• _YOUR TASK_
Nothing but an exact repeat of the entries below should appear in your answer.

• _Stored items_
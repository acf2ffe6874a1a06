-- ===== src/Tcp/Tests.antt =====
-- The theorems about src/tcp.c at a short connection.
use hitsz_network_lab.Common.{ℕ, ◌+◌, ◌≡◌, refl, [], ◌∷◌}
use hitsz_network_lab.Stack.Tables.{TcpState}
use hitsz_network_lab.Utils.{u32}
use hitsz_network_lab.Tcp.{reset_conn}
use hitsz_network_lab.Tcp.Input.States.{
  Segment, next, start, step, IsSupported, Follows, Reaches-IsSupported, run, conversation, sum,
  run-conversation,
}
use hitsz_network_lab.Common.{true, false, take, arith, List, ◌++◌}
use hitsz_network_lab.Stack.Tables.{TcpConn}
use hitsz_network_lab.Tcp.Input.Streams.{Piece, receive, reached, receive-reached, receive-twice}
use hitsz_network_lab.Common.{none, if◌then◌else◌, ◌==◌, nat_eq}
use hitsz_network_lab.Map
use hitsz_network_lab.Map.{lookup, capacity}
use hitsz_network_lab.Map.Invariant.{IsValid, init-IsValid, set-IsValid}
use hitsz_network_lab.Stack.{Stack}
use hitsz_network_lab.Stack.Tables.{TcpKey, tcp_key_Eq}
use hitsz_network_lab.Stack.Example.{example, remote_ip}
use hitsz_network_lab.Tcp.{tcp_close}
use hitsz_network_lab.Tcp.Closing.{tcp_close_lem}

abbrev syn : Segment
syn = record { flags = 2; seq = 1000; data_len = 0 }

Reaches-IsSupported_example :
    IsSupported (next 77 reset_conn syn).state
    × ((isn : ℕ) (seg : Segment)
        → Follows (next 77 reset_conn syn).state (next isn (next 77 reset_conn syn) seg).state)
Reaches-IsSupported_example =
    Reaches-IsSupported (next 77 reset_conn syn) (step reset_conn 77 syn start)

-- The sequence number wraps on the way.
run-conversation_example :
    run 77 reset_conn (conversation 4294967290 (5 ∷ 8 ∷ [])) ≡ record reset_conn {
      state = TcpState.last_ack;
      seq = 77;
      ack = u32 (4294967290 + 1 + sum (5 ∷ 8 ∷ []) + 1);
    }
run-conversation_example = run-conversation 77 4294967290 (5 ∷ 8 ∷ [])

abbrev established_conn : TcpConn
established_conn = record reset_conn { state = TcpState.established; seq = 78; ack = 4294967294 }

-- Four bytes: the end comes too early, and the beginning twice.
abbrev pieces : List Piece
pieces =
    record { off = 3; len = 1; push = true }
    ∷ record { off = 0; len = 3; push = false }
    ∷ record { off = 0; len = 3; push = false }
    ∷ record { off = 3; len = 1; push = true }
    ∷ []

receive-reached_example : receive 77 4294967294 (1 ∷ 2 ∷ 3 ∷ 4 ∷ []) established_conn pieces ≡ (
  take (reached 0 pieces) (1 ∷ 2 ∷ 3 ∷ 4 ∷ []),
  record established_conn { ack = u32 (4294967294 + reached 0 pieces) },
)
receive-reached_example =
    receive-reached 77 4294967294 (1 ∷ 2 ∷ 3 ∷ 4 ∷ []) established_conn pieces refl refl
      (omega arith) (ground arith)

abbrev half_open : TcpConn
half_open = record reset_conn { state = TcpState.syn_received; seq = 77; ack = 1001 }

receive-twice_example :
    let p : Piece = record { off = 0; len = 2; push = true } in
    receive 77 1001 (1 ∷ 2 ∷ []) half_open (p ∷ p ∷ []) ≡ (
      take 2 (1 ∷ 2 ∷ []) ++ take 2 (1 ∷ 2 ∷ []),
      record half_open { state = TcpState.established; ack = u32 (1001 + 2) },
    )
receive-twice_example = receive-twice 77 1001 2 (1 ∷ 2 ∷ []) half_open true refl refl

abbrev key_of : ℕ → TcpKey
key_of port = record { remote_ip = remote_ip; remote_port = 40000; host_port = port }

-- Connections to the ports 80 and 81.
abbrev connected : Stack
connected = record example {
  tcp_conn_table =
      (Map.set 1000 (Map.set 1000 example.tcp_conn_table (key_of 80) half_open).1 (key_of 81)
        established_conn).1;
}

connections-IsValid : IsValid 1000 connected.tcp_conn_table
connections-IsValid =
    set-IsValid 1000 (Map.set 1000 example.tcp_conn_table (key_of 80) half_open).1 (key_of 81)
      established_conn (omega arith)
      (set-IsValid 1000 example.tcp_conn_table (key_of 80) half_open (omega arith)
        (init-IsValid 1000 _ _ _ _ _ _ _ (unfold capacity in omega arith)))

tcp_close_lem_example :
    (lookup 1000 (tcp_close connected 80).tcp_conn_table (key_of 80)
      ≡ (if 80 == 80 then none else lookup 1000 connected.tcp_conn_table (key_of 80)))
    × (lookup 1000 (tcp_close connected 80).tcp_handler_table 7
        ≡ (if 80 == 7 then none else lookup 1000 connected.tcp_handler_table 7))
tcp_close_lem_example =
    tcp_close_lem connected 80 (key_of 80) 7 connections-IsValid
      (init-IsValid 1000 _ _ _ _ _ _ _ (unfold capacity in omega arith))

• _TASK RESULT_
repository acf2ffe6874a1a06
-- ===== src/Tcp/Tests.antt =====
-- The theorems about src/tcp.c at a short connection.
use hitsz_network_lab.Common.{ℕ, ◌+◌, ◌≡◌, refl, [], ◌∷◌}
use hitsz_network_lab.Stack.Tables.{TcpState}
use hitsz_network_lab.Utils.{u32}
use hitsz_network_lab.Tcp.{reset_conn}
use hitsz_network_lab.Tcp.Input.States.{
  Segment, next, start, step, IsSupported, Follows, Reaches-IsSupported, run, conversation, sum,
  run-conversation,
}
use hitsz_network_lab.Common.{true, false, take, arith, List, ◌++◌}
use hitsz_network_lab.Stack.Tables.{TcpConn}
use hitsz_network_lab.Tcp.Input.Streams.{Piece, receive, reached, receive-reached, receive-twice}
use hitsz_network_lab.Common.{none, if◌then◌else◌, ◌==◌, nat_eq}
use hitsz_network_lab.Map
use hitsz_network_lab.Map.{lookup, capacity}
use hitsz_network_lab.Map.Invariant.{IsValid, init-IsValid, set-IsValid}
use hitsz_network_lab.Stack.{Stack}
use hitsz_network_lab.Stack.Tables.{TcpKey, tcp_key_Eq}
use hitsz_network_lab.Stack.Example.{example, remote_ip}
use hitsz_network_lab.Tcp.{tcp_close}
use hitsz_network_lab.Tcp.Closing.{tcp_close_lem}

abbrev syn : Segment
syn = record { flags = 2; seq = 1000; data_len = 0 }

Reaches-IsSupported_example :
    IsSupported (next 77 reset_conn syn).state
    × ((isn : ℕ) (seg : Segment)
        → Follows (next 77 reset_conn syn).state (next isn (next 77 reset_conn syn) seg).state)
Reaches-IsSupported_example =
    Reaches-IsSupported (next 77 reset_conn syn) (step reset_conn 77 syn start)

-- The sequence number wraps on the way.
run-conversation_example :
    run 77 reset_conn (conversation 4294967290 (5 ∷ 8 ∷ [])) ≡ record reset_conn {
      state = TcpState.last_ack;
      seq = 77;
      ack = u32 (4294967290 + 1 + sum (5 ∷ 8 ∷ []) + 1);
    }
run-conversation_example = run-conversation 77 4294967290 (5 ∷ 8 ∷ [])

abbrev established_conn : TcpConn
established_conn = record reset_conn { state = TcpState.established; seq = 78; ack = 4294967294 }

-- Four bytes: the end comes too early, and the beginning twice.
abbrev pieces : List Piece
pieces =
    record { off = 3; len = 1; push = true }
    ∷ record { off = 0; len = 3; push = false }
    ∷ record { off = 0; len = 3; push = false }
    ∷ record { off = 3; len = 1; push = true }
    ∷ []

receive-reached_example : receive 77 4294967294 (1 ∷ 2 ∷ 3 ∷ 4 ∷ []) established_conn pieces ≡ (
  take (reached 0 pieces) (1 ∷ 2 ∷ 3 ∷ 4 ∷ []),
  record established_conn { ack = u32 (4294967294 + reached 0 pieces) },
)
receive-reached_example =
    receive-reached 77 4294967294 (1 ∷ 2 ∷ 3 ∷ 4 ∷ []) established_conn pieces refl refl
      (omega arith) (ground arith)

abbrev half_open : TcpConn
half_open = record reset_conn { state = TcpState.syn_received; seq = 77; ack = 1001 }

receive-twice_example :
    let p : Piece = record { off = 0; len = 2; push = true } in
    receive 77 1001 (1 ∷ 2 ∷ []) half_open (p ∷ p ∷ []) ≡ (
      take 2 (1 ∷ 2 ∷ []) ++ take 2 (1 ∷ 2 ∷ []),
      record half_open { state = TcpState.established; ack = u32 (1001 + 2) },
    )
receive-twice_example = receive-twice 77 1001 2 (1 ∷ 2 ∷ []) half_open true refl refl

abbrev key_of : ℕ → TcpKey
key_of port = record { remote_ip = remote_ip; remote_port = 40000; host_port = port }

-- Connections to the ports 80 and 81.
abbrev connected : Stack
connected = record example {
  tcp_conn_table =
      (Map.set 1000 (Map.set 1000 example.tcp_conn_table (key_of 80) half_open).1 (key_of 81)
        established_conn).1;
}

connections-IsValid : IsValid 1000 connected.tcp_conn_table
connections-IsValid =
    set-IsValid 1000 (Map.set 1000 example.tcp_conn_table (key_of 80) half_open).1 (key_of 81)
      established_conn (omega arith)
      (set-IsValid 1000 example.tcp_conn_table (key_of 80) half_open (omega arith)
        (init-IsValid 1000 _ _ _ _ _ _ _ (unfold capacity in omega arith)))

tcp_close_lem_example :
    (lookup 1000 (tcp_close connected 80).tcp_conn_table (key_of 80)
      ≡ (if 80 == 80 then none else lookup 1000 connected.tcp_conn_table (key_of 80)))
    × (lookup 1000 (tcp_close connected 80).tcp_handler_table 7
        ≡ (if 80 == 7 then none else lookup 1000 connected.tcp_handler_table 7))
tcp_close_lem_example =
    tcp_close_lem connected 80 (key_of 80) 7 connections-IsValid
      (init-IsValid 1000 _ _ _ _ _ _ _ (unfold capacity in omega arith))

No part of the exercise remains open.